The direct answer to why Turner syndrome only affects girls is because both phenotypic and genotypically there is an absence of Y chromosome. This syndrome is the only viable monosomy in humans. In the absence of the Y chromosome the female sex is determined, and the fact that there is no pair, that is the absence of the second X chromosome determines the lack of development of primary and secondary sexual characters.
Women with Turner syndrome have a ringed appearance throughout life. We explain this and other features of this anomaly, which is not considered a disability, precisely on World Turner Syndrome Day.
When is it known if a girl has Turner syndrome
Approximately 1 in 2,500 girls suffer from Turner syndrome, which is also called Bonnevie-Ullrich syndrome or gonadal dysgenesis, monosomy X. The diagnosis is most common for a newborn, especially if they have a characteristic crease in the neck (pterygium colli). But it may also be that a woman finds out that she suffers from it just when she wants to be a mother and has sterility
During childhood, the facial features of the syndrome may not be very striking, and the short stature is not considered by sight as an anomaly. At birth, Turner girls have a shorter length and weigh less than other girls. During the first years of life, they grow almost as fast as those of their age, but over time, the difference in height becomes more evident. This difference is most noticeable when entering puberty.

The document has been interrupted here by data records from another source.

-- ===== src/Inbox/UseCases.antt =====
-- The use cases of apps/api/src/modules/notifications, and `list` of its repository. How two ids compare,
-- and the rows that a cursor leads to, are the database's.
use elonew.Base.{
  ℕ, zero, suc, String, Bool, ◌&&◌, ◌||◌, List, [], ◌∷◌, Option, none, some, is_some, length, ltb,
  ◌==◌, same, if◌then◌else◌,
}
use elonew.Common.Errors.{Result, ok, err, notification_not_found, notification_read_conflict}
use elonew.Common.Action.{Action}
use elonew.Inbox.Store.{
  Notification, NotificationPayload, Inbox, MarkReadInput, MarkReadResult, marked, changed, missing,
  MarkAllResult, new_row, count_unread, mark_read, mark_all_read, upsert,
}

-- upsert-chat-notification.use-case.ts
unfoldable pub upsert_chat_notification :
    String → String → NotificationPayload → ℕ → Action Inbox Notification
upsert_chat_notification id recipient payload now s =
    let (n, s') = upsert (new_row id recipient payload.order_id payload now) s in (ok n, s')

abbrev pub answer_of : MarkReadResult → Result Notification
answer_of (marked n) = ok n
answer_of changed = err notification_read_conflict
answer_of missing = err notification_not_found

-- mark-notification-read.use-case.ts
unfoldable pub mark_notification_read : MarkReadInput → Action Inbox Notification
mark_notification_read i s = let (r, s') = mark_read i s in (answer_of r, s')

-- mark-all-notifications-read.use-case.ts: the cut-off is the time of the reading.
unfoldable pub mark_all_notifications_read : String → ℕ → Action Inbox MarkAllResult
mark_all_notifications_read recipient at s =
    let (r, s') = mark_all_read recipient at at s in (ok r, s')

unfoldable pub of_recipient : String → List Notification → List Notification
of_recipient recipient [] = []
of_recipient recipient (n ∷ ns) =
    let rest = of_recipient recipient ns in if same n.recipient_id recipient then n ∷ rest else rest

unfoldable pub take : ℕ → List Notification → List Notification
take zero ns = []
take (suc k) [] = []
take (suc k) (n ∷ ns) = n ∷ take k ns

unfoldable pub last_id : List Notification → Option String
last_id [] = none
last_id (n ∷ ns) = let rest = last_id ns in if is_some rest then rest else some n.id

-- `ListNotificationsOutput`
pub record NotificationPage : Type 0 where
  pub items : List Notification
  pub next_cursor : Option String
  pub unread_count : ℕ

module _ (id_after : String → String → Bool) where
  -- `orderBy: [{ activityAt: 'desc' }, { id: 'desc' }]`: whether the row of `a` stands before that of `b`.
  abbrev pub before : Notification → Notification → Bool
  before a b =
      ltb b.activity_at a.activity_at || (a.activity_at == b.activity_at && id_after a.id b.id)

  unfoldable pub insert_by_activity : Notification → List Notification → List Notification
  insert_by_activity n [] = n ∷ []
  insert_by_activity n (m ∷ ms) = if before m n then m ∷ insert_by_activity n ms else n ∷ m ∷ ms

  unfoldable pub sort_by_activity : List Notification → List Notification
  sort_by_activity [] = []
  sort_by_activity (n ∷ ns) = insert_by_activity n (sort_by_activity ns)

module _ (id_after : String → String → Bool)
    (rows_after : String → List Notification → List Notification) where
  abbrev pub rows_from : Option String → List Notification → List Notification
  rows_from none rows = rows
  rows_from (some cursor) rows = rows_after cursor rows

  -- `list`
  unfoldable pub list_page : String → ℕ → Option String → Inbox → NotificationPage
  list_page recipient limit cursor s =
      let rows =
        take (suc limit)
          (rows_from cursor (sort_by_activity id_after (of_recipient recipient s.notifications))) in
      let page = take limit rows in
      record {
        items = page;
        next_cursor = if ltb limit (length rows) then last_id page else none;
        unread_count = count_unread recipient s.notifications;
      }

  -- list-notifications.use-case.ts
  unfoldable pub list_notifications : String → ℕ → Option String → Action Inbox NotificationPage
  list_notifications recipient limit cursor s = (ok (list_page recipient limit cursor s), s)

This disease is diagnosed by a karyotype that is performed from a sample of blood from the patient. Almost half of Turner girls have lost a complete X chromosome, and loss of parts of chromosomes or mixing several of them into different cells are also common.
Can a prenatal diagnosis be made?
Yes, it is, but in most cases, and because it was a disease with so few subjects, it wasn’t used to be done. Although it is now increasingly common to be done through the analysis of fetal cells, they can be obtained by: amniocentesis (performed in 14-16 weeks of pregnancy), a chorial biopsy (during weeks 9-12 of pregnancy), or funiculocentesis (from 20 weeks of pregnancy).
These tests are done when there are suspicions on ultrasound. Some of the reasons they suspect are hydrops fetalis, femur length below average, heart malformations, branchicephaly and, above all, cystic hygroma in the nape.
It is important that the diagnosis is made as soon as possible to begin treatment as soon as possible, and that it is as effective as possible. Termination of pregnancy arises, but it is a difficult decision. Thanks to science, the quality of life of girls with Turner syndrome has improved, and we hope that it will continue to improve every day.
Symptomatology and treatment
The most common symptomatology includes: height below average, about 20 centimeters less,
frequent infections of the middle ear leading to deafness in some cases, short and wide neck, hair with low implantation on the nape, swelling of hands and feet, wide chest and nipples far apart, arms a little tucked inward into the elbows, congenital heart defects, scoliosis, kidney, thyroid and bone problems.
Turner’s syndrome is not considered a disability, despite the difficulties that girls go through. In most cases intelligence is usually normal, although with difficulty in abstract understanding, but developmental problems can make learning difficult or behavioral problems. They are girls prone to low self-esteem, anxiety, and depression.
Girls with Turner are treated with growth hormone and the results suggest that the final height can be increased from 5 to 10 cm. Adolescents are treated with estrogens to provoke the development of secondary sexual characteristics. Later these estrogens are still administered to prevent osteoporosis.